While the Presidential Succession Act of 1947 determined that the next in the line of presidential succession is the speaker of the House, the Constitution also places an end date on Pelosi's term at noon on 3 January.

If Ms Pelosi is not re-elected due to a delayed vote, the next in line to assume the office of president would be the "President Pro Tempore" of the Senate, who is currently Republican Chuck Grassley of Iowa.

If no election was held, however, the 22 Republican Senate seats up for re-election would remain vacant, giving Democrats the majority and allowing them to elect a new President Pro Tempore - who would then become president.

But that line of presidential succession is based on the premise that the election would be delayed beyond 20 January, rather than Mr Trump's latest suggestion that if the election goes ahead with widespread mail-in voting the results would not be known until after the deadline.

If the election goes ahead and Ms Pelosi is re-elected with results certified before her 3 January deadline, while presidential election results are not certified until after Mr Trump's 20 January deadline, the "mad theory" is that she could be placed in the White House.

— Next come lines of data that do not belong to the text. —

-- ===== src/Task/Model.antt =====
-- TaskDefinition, TaskSpawnRule, the rows of base_task, and the operations on a database that may
-- fail.
use velm.Base.{ℕ, Bool, not, ◌&&◌, if◌then◌else◌, Option, none, some}
use velm.Base.{Result, ok, err, List, [], ◌∷◌, Text, ◌==◌}

-- A JSON value: `scalar` is a number, a Boolean or an array, by its text.
mutual
  pub data Json : Type 0 where
    null : Json
    text : Text → Json
    scalar : Text → Json
    object : Members → Json

  pub data Members : Type 0 where
    no_members : Members
    member : Text → Json → Members → Members

unfoldable pub find_member : Text → Members → Option Json
find_member k no_members = none
find_member k (member j v m) = if j == k then some v else find_member k m

unfoldable pub put_member : Text → Json → Members → Members
put_member k v no_members = member k v no_members
put_member k v (member j w m) = if j == k then member k v m else member j w (put_member k v m)

-- `v.(map[string]any)`
abbrev pub as_object : Option Json → Option Members
as_object none = none
as_object (some (object m)) = some m
as_object (some null) = none
as_object (some (text s)) = none
as_object (some (scalar s)) = none

pub record SpawnRule : Type 0 where
  pub on : Text
  pub definition_slug : Text
  pub input_mapping : Members
  pub assign : Text

-- `is_deleted` is whether the row's `_deleted_at` is set, here and below.
pub record Definition : Type 0 where
  pub id : Text
  pub slug : Text
  pub display_name : Text
  pub is_container : Bool
  pub script_text : Text
  pub run_if_script : Text
  pub default_group_id : Text
  pub spawn_rules : List SpawnRule
  pub is_active : Bool
  pub is_deleted : Bool

-- The columns of base_task that the engine reads or writes; a null text is `none`.
pub record Task : Type 0 where
  pub id : Text
  pub number : ℕ
  pub title : Text
  pub state : Text
  pub parent_task_id : Option Text
  pub assignment_group_id : Option Text
  pub requested_by_user_id : Option Text
  pub definition_id : Option Text
  pub variables : Members
  pub closure_reason : Text
  pub is_deleted : Bool

-- A row of base_task_definition_child, in the order of its query.
pub record ChildRow : Type 0 where
  pub container_id : Text
  pub child_definition_id : Text

pub record Db : Type 0 where
  pub tasks : List Task
  pub definitions : List Definition
  pub children : List ChildRow
  pub next_number : ℕ

pub data Failure : Type 0 where
  no_such_task : Text → Failure
  invalid_transition : Text → Text → Failure
  no_such_definition : Text → Failure
  inactive_definition : Text → Failure
  unknown_follow_on : Text → Failure
  not_a_boolean : Failure
  script_failed : Failure
  -- the model's own: containers are nested deeper than the fuel
  out_of_fuel : Failure

-- A step of a transaction.
abbrev pub Tx : Type 0 → Type 0
Tx A = Db → Result Failure (A × Db)

infixl 5 ◌>>=◌ ◌>>◌
abbrev pub ◌>>=◌ : {A B : Type 0} → Tx A → (A → Tx B) → Tx B
◌>>=◌ m f db = elim (m db) [ err e ↦ err e | ok p ↦ f (p.0) (p.1) ]

abbrev pub ◌>>◌ : {A B : Type 0} → Tx A → Tx B → Tx B
m >> n = m >>= λ _. n

abbrev pub return : {A : Type 0} → A → Tx A
return a db = ok (a, db)

abbrev pub fail : {A : Type 0} → Failure → Tx A
fail e db = err e

-- Begin, then Commit, or Rollback on an error: the database after it, and the error.
-- The tables and the counters of ids are as before if it fails; a sequence of the database would
-- keep what it gave out.
abbrev pub transaction : {A : Type 0} → Tx A → Db → Result Failure A × Db
transaction m db = elim (m db) [ err e ↦ (err e, db) | ok p ↦ (ok (p.0), p.1) ]

-- the row of an id, and the row that is not deleted
unfoldable pub task_by_id : Text → List Task → Option Task
task_by_id id [] = none
task_by_id id (t ∷ ts) = if t.id == id then some t else task_by_id id ts

-- UPDATE base_task SET … WHERE _id = …
unfoldable pub update_task : Text → (Task → Task) → List Task → List Task
update_task id f [] = []
update_task id f (t ∷ ts) = (if t.id == id then f t else t) ∷ update_task id f ts

unfoldable pub definition_by_id : Text → List Definition → Option Definition
definition_by_id id [] = none
definition_by_id id (d ∷ ds) =
    if d.id == id && not d.is_deleted then some d else definition_by_id id ds

unfoldable pub definition_by_slug : Text → List Definition → Option Definition
definition_by_slug slug [] = none
definition_by_slug slug (d ∷ ds) =
    if d.slug == slug && d.is_active && not d.is_deleted then some d else definition_by_slug slug ds

unfoldable pub children_of : Text → List ChildRow → List Text
children_of id [] = []
children_of id (c ∷ cs) =
    let rest = children_of id cs in
    if c.container_id == id then c.child_definition_id ∷ rest else rest
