-- ===== src/Task/Scope.antt =====
-- resolveScopeRef, and the inputs that a spawn rule binds.
use velm.Base.{if◌then◌else◌, Option, none, some, [], ◌∷◌, Text, nat_eq}
use velm.Task.Model.{
  Json, null, text, scalar, object, Members, no_members, member, find_member, put_member, as_object,
}

-- strings.SplitN(s, ".", 2)
unfoldable pub cut_dot : Text → Option (Text × Text)
cut_dot [] = none
cut_dot (c ∷ s) =
    let later = cut_dot s in
    if nat_eq c 46 then some ([], s) else elim later [ none ↦ none | some (a, b) ↦ some (c ∷ a, b) ]

abbrev pub in_section : Option Members → Text → Option Json
in_section none key = none
in_section (some m) key = find_member key m

-- a reference after its "$"
unfoldable pub resolve_path : Members → Option (Text × Text) → Option Json
resolve_path scope none = none
resolve_path scope (some (section, key)) = in_section (as_object (find_member section scope)) key

unfoldable pub resolve_text : Members → Text → Option Json
resolve_text scope [] = some (text [])
resolve_text scope (c ∷ s) =
    if nat_eq c 36 then resolve_path scope (cut_dot s) else some (text (c ∷ s))

-- resolveScopeRef
unfoldable pub resolve_scope_ref : Members → Json → Option Json
resolve_scope_ref scope (text s) = resolve_text scope s
resolve_scope_ref scope null = some null
resolve_scope_ref scope (scalar s) = some (scalar s)
resolve_scope_ref scope (object m) = some (object m)

-- the loop over a rule's input mapping
unfoldable pub bind_inputs : Members → Members → Members → Members
bind_inputs scope inputs no_members = inputs
bind_inputs scope inputs (member k source m) =
    bind_inputs scope
      (elim (resolve_scope_ref scope source) [ none ↦ inputs | some v ↦ put_member k v inputs ]) m
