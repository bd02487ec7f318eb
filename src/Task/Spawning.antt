-- ===== src/Task/Spawning.antt =====
-- spawnTaskForDefinition, and SpawnTaskInstance. A container spawns its children at once, each by
-- the same function; the fuel bounds how deep containers are nested. `new_id` is the id that the
-- database gives to the row with a number.
pub mod Ready
pub mod Depth
use velm.Base.{
  ℕ, zero, suc, ◌+◌, Bool, true, false, not, if◌then◌else◌, Option, none, some, Result, ok, err,
}
use velm.Base.{List, [], ◌∷◌, ◌++◌, Text, txt, ◌==◌}
use velm.Task.Model.{
  Json, object, Members, no_members, member, Definition, Task, Db, Tx, Failure, inactive_definition,
  no_such_definition, out_of_fuel, definition_by_id, children_of, ◌>>=◌, ◌>>◌, return, fail,
}

-- the closure `nullable`
abbrev pub nullable : Text → Option Text
nullable s = if s == [] then none else some s

-- the variables of a new task
abbrev pub initial_variables : Members → Members
initial_variables inputs = member (txt "inputs") (object inputs) (
    member (txt "locals") (object no_members)
      (member (txt "outputs") (object no_members) no_members))

-- getTaskDefinition
unfoldable pub get_task_definition : Text → Tx Definition
get_task_definition id db = elim (definition_by_id id db.definitions) [
  | none ↦ err (no_such_definition id)
  | some d ↦ ok (d, db)
]

module _ (new_id : ℕ → Text) where
  -- INSERT INTO base_task … RETURNING _id
  unfoldable pub insert_task : Definition → Text → Text → Members → Tx Text
  insert_task def parent requested_by inputs db =
      let id = new_id db.next_number in
      let row : Task = record {
        id = id;
        number = db.next_number;
        title = def.display_name;
        state = txt "ready";
        parent_task_id = nullable parent;
        assignment_group_id = nullable def.default_group_id;
        requested_by_user_id = nullable requested_by;
        definition_id = some def.id;
        variables = initial_variables inputs;
        closure_reason = [];
        is_deleted = false;
      } in
      ok (id, record db { tasks = db.tasks ++ row ∷ []; next_number = db.next_number + 1 })

  -- the loop over the children, each spawned by the function `spawn`
  unfoldable pub spawn_each : (Text → Tx Text) → List Text → Tx (Unit {0})
  spawn_each spawn [] = return tt
  spawn_each spawn (child ∷ children) = do spawn child; spawn_each spawn children

  -- the children of a container
  unfoldable pub spawn_children : (Text → Tx Text) → Definition → Tx (Unit {0})
  spawn_children spawn def db =
      if def.is_container then spawn_each spawn (children_of def.id db.children) db else ok (tt, db)

  -- spawnTaskForDefinition
  unfoldable pub spawn_task_for_definition : ℕ → Definition → Text → Text → Members → Tx Text
  spawn_task_for_definition zero def parent requested_by inputs db = err out_of_fuel
  spawn_task_for_definition (suc fuel) def parent requested_by inputs db =
      let spawn_child : Text → Text → Tx Text = λ task_id child_id.
        (get_task_definition child_id >>= λ child.
        spawn_task_for_definition fuel child task_id requested_by no_members) in
      if not def.is_active
      then err (inactive_definition def.slug)
      else (insert_task def parent requested_by inputs >>= λ task_id.
            spawn_children (spawn_child task_id) def >>= λ _. return task_id)
          db

  -- SpawnTaskInstance, and spawnTaskForDefinitionByID
  unfoldable pub spawn_task_instance : ℕ → Text → Text → Text → Members → Tx Text
  spawn_task_instance fuel definition_id parent requested_by inputs = do
    def ← get_task_definition definition_id
    spawn_task_for_definition fuel def parent requested_by inputs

"What's going to happen when you have 150 million votes and you have 51 million, 51 million votes, think of it, they're going to send out 51 million, it could be higher than that, 51 million votes, no signature verification on many of them," Mr Trump said on Friday.

"The other thing is if you do this you'll never have an election count on November 3rd... You're not going to be able to know the end of this election, in my opinion, for weeks, months, maybe never, maybe years but maybe never, because once you go past the first week you're never going to know."